Bhagavagd Gita - Session 1 - Track 102

Let me concentrate only upon the first two words of the Bhagavad Gita:

dharmakṣetre kurukṣetre

These are the two first words of the text of the Gita. Earlier we had already seen the need to study the Gita; we had also studied two basic characters of the Gita: Sri Krishna and Arjuna. We had also tried to understand the situation in which the two are placed: the problem that Arjuna had in his mind, what is the question that he raises? And the answer that came from Sri Krishna which satisfied him and he said that ‘all my doubts are now resolved’: moha naṣṭa, (XVIII, 73) ‘all the delusion is now finished’, and he was prepared to do the bidding of Sri Krishna. In a general way we know what was the question, what is the answer.

In short, the question was: “I know that there is a task to be done, I must fight; on the other hand, I know that this fight will cause a massacre, slaughter, destruction, and destruction of such a nature that it will create a great chaos and fall of Dharma. There will be varṇasaṁkaraḥ, (I, 41). On the one hand I know Dharma: to fight. On the other hand I know that if I do the Dharma, I will lead of Adharma. Between the two what is the best that I should do?”

This is his question basically. And Sri Krishna’s answer is that ‘Your question arises out of a confusion in the mind, out of egoism, out of attachment and out of a fear’, because at the end he says that: ‘I shall go to hell if I produce so much of Adharma’. Therefore Sri Krishna says that, “neither ‘this’ is Dharma nor ‘that’ is Dharma. To fight is no Dharma, nor not to fight is Dharma. Dharma is something different”. Even the concept of Dharma is to be transcended. You are today only thinking of Dharma, but Dharma is not the highest thing in the world: there is more than Dharma, beyond Dharma and that is the discovery of the Divine’s will, and to perform the Divine’s will. The entire argument of the Bhagavad Gita is only this: discover the Divine’s will and act according to the Divine’s will. It is not ‘your’ Dharma, nor ‘his’ Dharma, not ‘this’ is right, nor ‘that’ is right. Only divine action is the right action, because it proceeds from the supreme purity, supreme compassion, and therefore if you follow that Will, then the right thing will be done.

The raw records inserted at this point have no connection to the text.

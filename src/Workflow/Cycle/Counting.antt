-- ===== src/Workflow/Cycle/Counting.antt =====
-- Lists without repetition, by how often a number occurs.
use qingzhou_ssh.Prelude.{
  ℕ, ◌+◌, ◌≤◌, ◌<◌, ◌≡◌, refl, sym, ◌∙◌, subst, Bool, true, false, not, ◌||◌, List, [], ◌∷◌, arith,
  count, filter, length, ltb, ◌==◌, ==_iff, ==_refl, if◌then◌else◌, Bool-cases, inl, inr,
}
use qingzhou_ssh.Workflow.Graph.{is_member}

-- How often `x` occurs.
abbrev pub occurs : ℕ → List ℕ → ℕ
occurs x xs = count (λ y. y == x) xs

pub is_member-occurs : (x : ℕ) (xs : List ℕ) → is_member x xs ≡ ltb 0 (occurs x xs)
unfolding is_member
is_member-occurs x [] = refl
is_member-occurs x (y ∷ xs) = ground (arith, is_member-occurs x xs)

pub is_member_cons : (x y : ℕ) (xs : List ℕ) → is_member x (y ∷ xs) ≡ (y == x || is_member x xs)
unfolding is_member
is_member_cons x y xs = refl

-- The list without `d`.
abbrev pub without : ℕ → List ℕ → List ℕ
without d xs = filter (λ y. not (y == d)) xs

length-without : (d : ℕ) (xs : List ℕ) → length (without d xs) + occurs d xs ≡ length xs
length-without d [] = omega arith
length-without d (y ∷ xs) = ground (arith, length-without d xs)

occurs-without : (x d : ℕ) (xs : List ℕ) → (x == d) ≡ false → occurs x (without d xs) ≡ occurs x xs
occurs-without x d [] h = refl
occurs-without x d (y ∷ xs) h = ground (arith, occurs-without x d xs h)

rest_once : (d x : ℕ) (xs : List ℕ) → occurs x (d ∷ xs) ≤ 1 → occurs x xs ≤ 1
rest_once d x xs h = omega (arith, h)

head_occurs : (d : ℕ) (xs : List ℕ) → 0 < occurs d (d ∷ xs)
head_occurs d xs = rw (==_refl d) omega arith

rest_within :
    (d x : ℕ) (xs ys : List ℕ)
    → occurs x (d ∷ xs) ≤ 1
    → (0 < occurs x (d ∷ xs) → 0 < occurs x ys)
    → 0 < occurs x xs
    → 0 < occurs x (without d ys)
rest_within d x xs ys once within h = elim (Bool-cases (d == x)) [
  | inl same ↦ absurd (ground (arith, (rw same at once), h))
  | inr other ↦
      let away : (x == d) ≡ false = ground arith in
      rw (occurs-without x d ys away) (within (rw other (omega (arith, h))))
]

pub fresh_once : (x y : ℕ) (xs : List ℕ) → occurs x xs ≡ 0 → occurs y xs ≤ 1 → occurs y (x ∷ xs) ≤ 1
fresh_once x y xs fresh once = elim (Bool-cases (x == y)) [
  | inl same ↦
      let none_yet : occurs y xs ≡ 0 = subst (λ z. occurs z xs ≡ 0) ((==_iff x y).0 same) fresh in
      rw (same, none_yet) omega arith
  | inr other ↦ rw other (omega (arith, once))
]

pub fresh_within :
    (x y : ℕ) (xs ys : List ℕ)
    → 0 < occurs x ys
    → (0 < occurs y xs → 0 < occurs y ys)
    → 0 < occurs y (x ∷ xs)
    → 0 < occurs y ys
fresh_within x y xs ys there within h = elim (Bool-cases (x == y)) [
  | inl same ↦ subst (λ z. 0 < occurs z ys) ((==_iff x y).0 same) there
  | inr other ↦ within (omega (arith, (rw other at h)))
]

-- A list without repetition is no longer than a list that has all its elements.
pub length-le :
    (xs ys : List ℕ)
    → ((x : ℕ) → occurs x xs ≤ 1)
    → ((x : ℕ) → 0 < occurs x xs → 0 < occurs x ys)
    → length xs ≤ length ys
length-le [] ys once within = omega arith
length-le (d ∷ xs) ys once within =
    let shorter : length xs ≤ length (without d ys) =
      length-le xs (without d ys) (λ x. rest_once d x xs (once x))
        (λ x h. rest_within d x xs ys (once x) (within x) h) in
    omega (arith, shorter, length-without d ys, within d (head_occurs d xs))

-- If it is as long, it has all of them.
pub all_occur :
    (xs ys : List ℕ) (x : ℕ)
    → ((y : ℕ) → occurs y xs ≤ 1)
    → ((y : ℕ) → 0 < occurs y xs → 0 < occurs y ys)
    → length ys ≤ length xs
    → 0 < occurs x ys
    → 0 < occurs x xs
all_occur xs ys x once within long h = elim (Bool-cases (ltb 0 (occurs x xs))) [
  | inl found ↦ ground (arith, found)
  | inr missing ↦
      let fresh : occurs x xs ≡ 0 = ground (arith, missing) in
      absurd (
        omega (
          arith,
          long,
          length-le (x ∷ xs) ys (λ y. fresh_once x y xs fresh (once y))
              (λ y k. fresh_within x y xs ys h (within y) k),
        ))
]

pub member_if_occurs : (x : ℕ) (xs : List ℕ) → 0 < occurs x xs → is_member x xs ≡ true
member_if_occurs x xs h = is_member-occurs x xs ∙ ground (arith, h)

pub occurs_if_member : (x : ℕ) (xs : List ℕ) → is_member x xs ≡ true → 0 < occurs x xs
occurs_if_member x xs h = ground (arith, (sym (is_member-occurs x xs) ∙ h))

pub occurs-filter-le :
    (test : ℕ → Bool) (x : ℕ) (xs : List ℕ) → occurs x (filter test xs) ≤ occurs x xs
occurs-filter-le test x [] = omega arith
occurs-filter-le test x (y ∷ xs) = ground (arith, occurs-filter-le test x xs)

pub occurs-filter_passed :
    (test : ℕ → Bool) (x : ℕ) (xs : List ℕ) → 0 < occurs x (filter test xs) → test x ≡ true
occurs-filter_passed test x [] h = absurd (omega (arith, h))
occurs-filter_passed test x (y ∷ xs) h = elim (Bool-cases (test y)) [
  | inr no_test ↦ occurs-filter_passed test x xs (rw no_test at h)
  | inl passed ↦ elim (Bool-cases (y == x)) [
    | inl same ↦ subst (λ z. test z ≡ true) ((==_iff y x).0 same) passed
    | inr other ↦
        let later : 0 < (if y == x then 1 else 0) + occurs x (filter test xs) = rw passed at h in
        occurs-filter_passed test x xs (omega (arith, (rw other at later)))
  ]
]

That is the basic answer of Sri Krishna: to become a flute. You know the analogy of flute is very great: a flute cannot play any music by itself. This is a fact. For the music to be produced there must be somebody to blow the wind into the flute. Flute by itself cannot put that wind into itself, nor does it know what kind of music it should produce. It has a capacity of producing the most wonderful music, but by itself it cannot produce that music at all. Therefore Sri Krishna says, ‘you become instrument’: nimittamātram bhava, XI, 33

You become only the nimittamā, you become only the instrument like a flute: allow the Supreme to blow the wind into you, and allow Him to play the music that He wants to play through you. All our difficulties are because we are obstructing that flow of the wind coming from the divine. So, remove those obstacles: parityajya sarvadharmān, XVIII, 66

All kinds of Dharmas, all kinds of ideas you have, you completely avoid them and surrender them. Allow the Divine Will to manifest, and then do what the Divine wants. Divine wants that you should fight, this is what He declares: the Divine Will is that you must fight. The answer is not because it is Dharma or Adharma: the divine will say you must fight and therefore you fight. This is the answer.